As with Operation Cast Lead four years ago, all the Palestinian organizations — Hamas, the Popular Resistance Committees and Islamic Jihad — ran a joint operations room. It was because of this war room that the fighting on last day of the operation was as intensive as it was on the first.

According to Eldar, tilting the balance in the fight against Hamas depends on getting its political echelon into the Israeli Air Force’s sights. “Israel’s policy of targeted killings doesn’t really change the situation. As the assassination of Jabari proved, every member of the operational echelon has a replacement. Hamas’ big crisis happened after the killings of Yassin and Rantissi. They felt the whole movement was in danger.”

Between a rock and a hard place

Hamas has become embroiled in the war that the Sunnis and the Shiites are waging over the Muslim world. When the civil war in Syria erupted last year, Hamas, forced to take sides, abandoned its original Shiite camp. “Hamas distanced itself from Syria. It can’t identify with Syria because the Alawite infidels are massacring the devout Muslims,” says the intelligence official. That doesn’t mean Hamas has decided to say goodbye to Iran, however. At the end of Operation Pillar of Defense, Hamas publicly thanked the Iranians, for the first time, for their support.

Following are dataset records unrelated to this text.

-- ===== src/Workload/Shift.antt =====
-- internal/workload/generator.go: the arithmetic of a shifted row, and its fields.
use market_replay.Prelude.{
  ℕ, zero, suc, ◌+◌, ◌*◌, ◌/◌, ◌<◌, ◌^◌, String, Bool, true, false, List, [], ◌∷◌, Option, some,
  ◌≡◌, ◌≢◌, refl, ap, ◌∙◌, subst, arith, length, get_elem?, Option-elim,
}
use market_replay.Prelude.Int.{ℤ, pos, ◌-ℤ◌, add64, sub64, leb_ℤ, IsInt64, wrap64, wrap64_id}
use market_replay.Prelude.Result.{Result-elim}
use market_replay.Parser.Text.{parse_int, parse_int-IsInt64}
use market_replay.Parser.Decimal.{format_int, parse_int-format_int}
use market_replay.Workload.{mul64, quot64}
use market_replay.Workload.Csv.{CsvNormalizer, int_at, set_field, normalize_csv}
use native.Mathlib.Nat.{div-eq_of_lt, add-div_right, zero-div}

pub get_elem?-lt {ℓ} :
    {A : Type ℓ} (xs : List A) (i : ℕ) {x : A} → get_elem? xs i ≡ some x → i < length xs
get_elem?-lt [] i h = let wrong : ◌≡◌ {A = Bool} true false = cc in cc
get_elem?-lt (x ∷ xs) zero h = omega arith
get_elem?-lt (x ∷ xs) (suc i) h = omega (arith, get_elem?-lt xs i h)

pub pos-sub64 : (a b : ℕ) → a + b < 2 ^ 63 → sub64 (pos (a + b)) (pos a) ≡ pos b
unfolding sub64 ◌-ℤ◌
pos-sub64 a b small = wrap64_id (pos (a + b) -ℤ pos a) (ground (arith, small)) ∙ ground arith

pub pos-mul64 : (a b : ℕ) → a * b < 2 ^ 63 → mul64 (pos a) (pos b) ≡ pos (a * b)
unfolding mul64
pos-mul64 a b small = ap wrap64 (ground arith) ∙ wrap64_id (pos (a * b)) (ground (arith, small))

cycle-div : (c n i : ℕ) → i < n → (c * n + i) / n ≡ c
cycle-div zero n i h = ap (λ m. m / n) (omega arith) ∙ div-eq_of_lt h
cycle-div (suc c) n i h =
    ap (λ m. m / n) (omega arith)
    ∙ (add-div_right (c * n + i) (omega (arith, h))
        ∙ (ap (λ m. m + 1) (cycle-div c n i h) ∙ omega arith))

pub quot64-cycle : (c n i : ℕ) → i < n → quot64 (pos (c * n + i)) (pos n) ≡ pos c
unfolding quot64
quot64-cycle c n i h = ground (arith, cycle-div c n i h, zero-div n)

some_injective : {y z : ℤ} → ◌≡◌ {A = Option ℤ} (some y) (some z) → y ≡ z
some_injective h = cc

int_at-IsInt64 : (index : ℕ) (row : List String) {z : ℤ} → int_at index row ≡ some z → IsInt64 z
int_at-IsInt64 index row {z} h =
    Option-elim (λ (o : Option ℤ). o ≡ some z → IsInt64 z) (get_elem? row index)
      (λ _ g. let wrong : ◌≡◌ {A = Bool} true false = cc in cc)
      (λ field _.
        Result-elim (λ (o : Option ℤ). o ≡ some z → IsInt64 z) (parse_int field)
          (λ e _ g. let wrong : ◌≡◌ {A = Bool} true false = cc in cc)
          (λ y parsed g. subst IsInt64 (some_injective g) (parse_int-IsInt64 field parsed)))
      h

pub int_at-set_self :
    (index : ℕ) (row : List String) (z w : ℤ)
    → int_at index row ≡ some z
    → IsInt64 w
    → int_at index (set_field index (format_int w) row) ≡ some w
int_at-set_self index [] z w h fits = let wrong : ◌≡◌ {A = Bool} true false = cc in cc
int_at-set_self zero (old ∷ row) z w h fits = ground (arith, parse_int-format_int w fits)
int_at-set_self (suc index) (old ∷ row) z w h fits = int_at-set_self index row z w h fits

pub int_at-set_other :
    (index other : ℕ) (field : String) (row : List String)
    → index ≢ other
    → int_at index (set_field other field row) ≡ int_at index row
int_at-set_other index other field [] ne = refl
int_at-set_other zero zero field (old ∷ row) ne =
    let wrong : ◌≡◌ {A = Bool} true false = ground (arith, ne) in cc
int_at-set_other zero (suc other) field (old ∷ row) ne = refl
int_at-set_other (suc index) zero field (old ∷ row) ne = refl
int_at-set_other (suc index) (suc other) field (old ∷ row) ne =
    int_at-set_other index other field row (λ same. ne (ap suc same))

-- A row that an enabled normalizer shifts.
pub shift_lem :
    (n : CsvNormalizer) (row : List String) (k id time : ℤ)
    → n.enabled ≡ true
    → leb_ℤ n.row_count (pos 0) ≡ false
    → int_at n.trade_id_index row ≡ some id
    → int_at n.trade_time_index row ≡ some time
    → normalize_csv n row k
      ≡ set_field n.trade_time_index
          (format_int (
            add64 time (
              mul64
                (quot64 k n.row_count)
                (add64 (sub64 n.last_trade_time n.base_trade_time) (pos 1)))))
          (set_field n.trade_id_index
            (format_int (
              add64 id (
                mul64
                  (quot64 k n.row_count)
                  (add64 (sub64 n.last_trade_id n.base_trade_id) (pos 1)))))
            row)
unfolding normalize_csv
shift_lem n row k id time on counted has_id has_time = ground (arith, on, counted, has_id, has_time)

Professor Zisser: “They’re trying to straddle the fence. Today, Hamas is on the side of Egypt and Qatar, but hasn’t broken off its connection with Iran. Even though there are disagreements about Syria, cooperation hasn’t been destroyed and the cease-fire continues. This stems from the Iranians’ pragmatic decision not to give up an outpost like the one they have in Gaza.”

Hamas officials were convinced that once the Muslim Brotherhood came to power in Egypt, they would be on excellent terms. Three months ago, Haniyeh visited Cairo after stating, “We’re a branch of the Brothers in Gaza.” He intended to ask Morsi to open the Rafiah crossing. Morsi’s response came as a complete surprise.

“God help you if we find your fingerprints on the terror attack in Sinai,” Morsi said, referring to the attack last summer in which 16 Egyptian police officers were killed. According to reports in the Arab press, the Egyptians intervened to prevent the appointment of Raed el-Atar as Hamas’ chief of staff because of his involvement in that attack, and even demanded his extradition.

Now it seems that the relationship has been repaired, at least partially, in the wake of Operation Pillar of Defense. But the high-ranking intelligence official says, “The Egyptians don’t want the fighting resumed because of their own interests, and they also have an incentive to stop weapons from being smuggled into Gaza.” Does this mean the Egyptians will try to stop arms smuggling to Gaza? It is doubtful, and it is even more doubtful that they will succeed. Zisser says, “Egypt is busy with its own burning issues. They’re not bothered about arms being smuggled into Gaza.”

The picture Hamas is showing the inhabitants of Gaza is completely different from the way things look on the ground. Hamas boasts of its strikes at the heart of Tel Aviv and Ramat Hasharon and its rocket fire at the Knesset in Jerusalem, and brags of having shot down an F-16 fighter jet. “If Hamas’s leaders have gotten to the point where they’re lying, that means they know there’s a problem,” Yadlin quips.

Meanwhile, Hamas takes pride in having brought millions more Israelis into rocket range. “If you come back to Gaza, we’ll come back to Tel Aviv,” Hamas officials have said in the media over the past two weeks. Their message is clear: the peak of the last round of fighting will be the starting point of the next.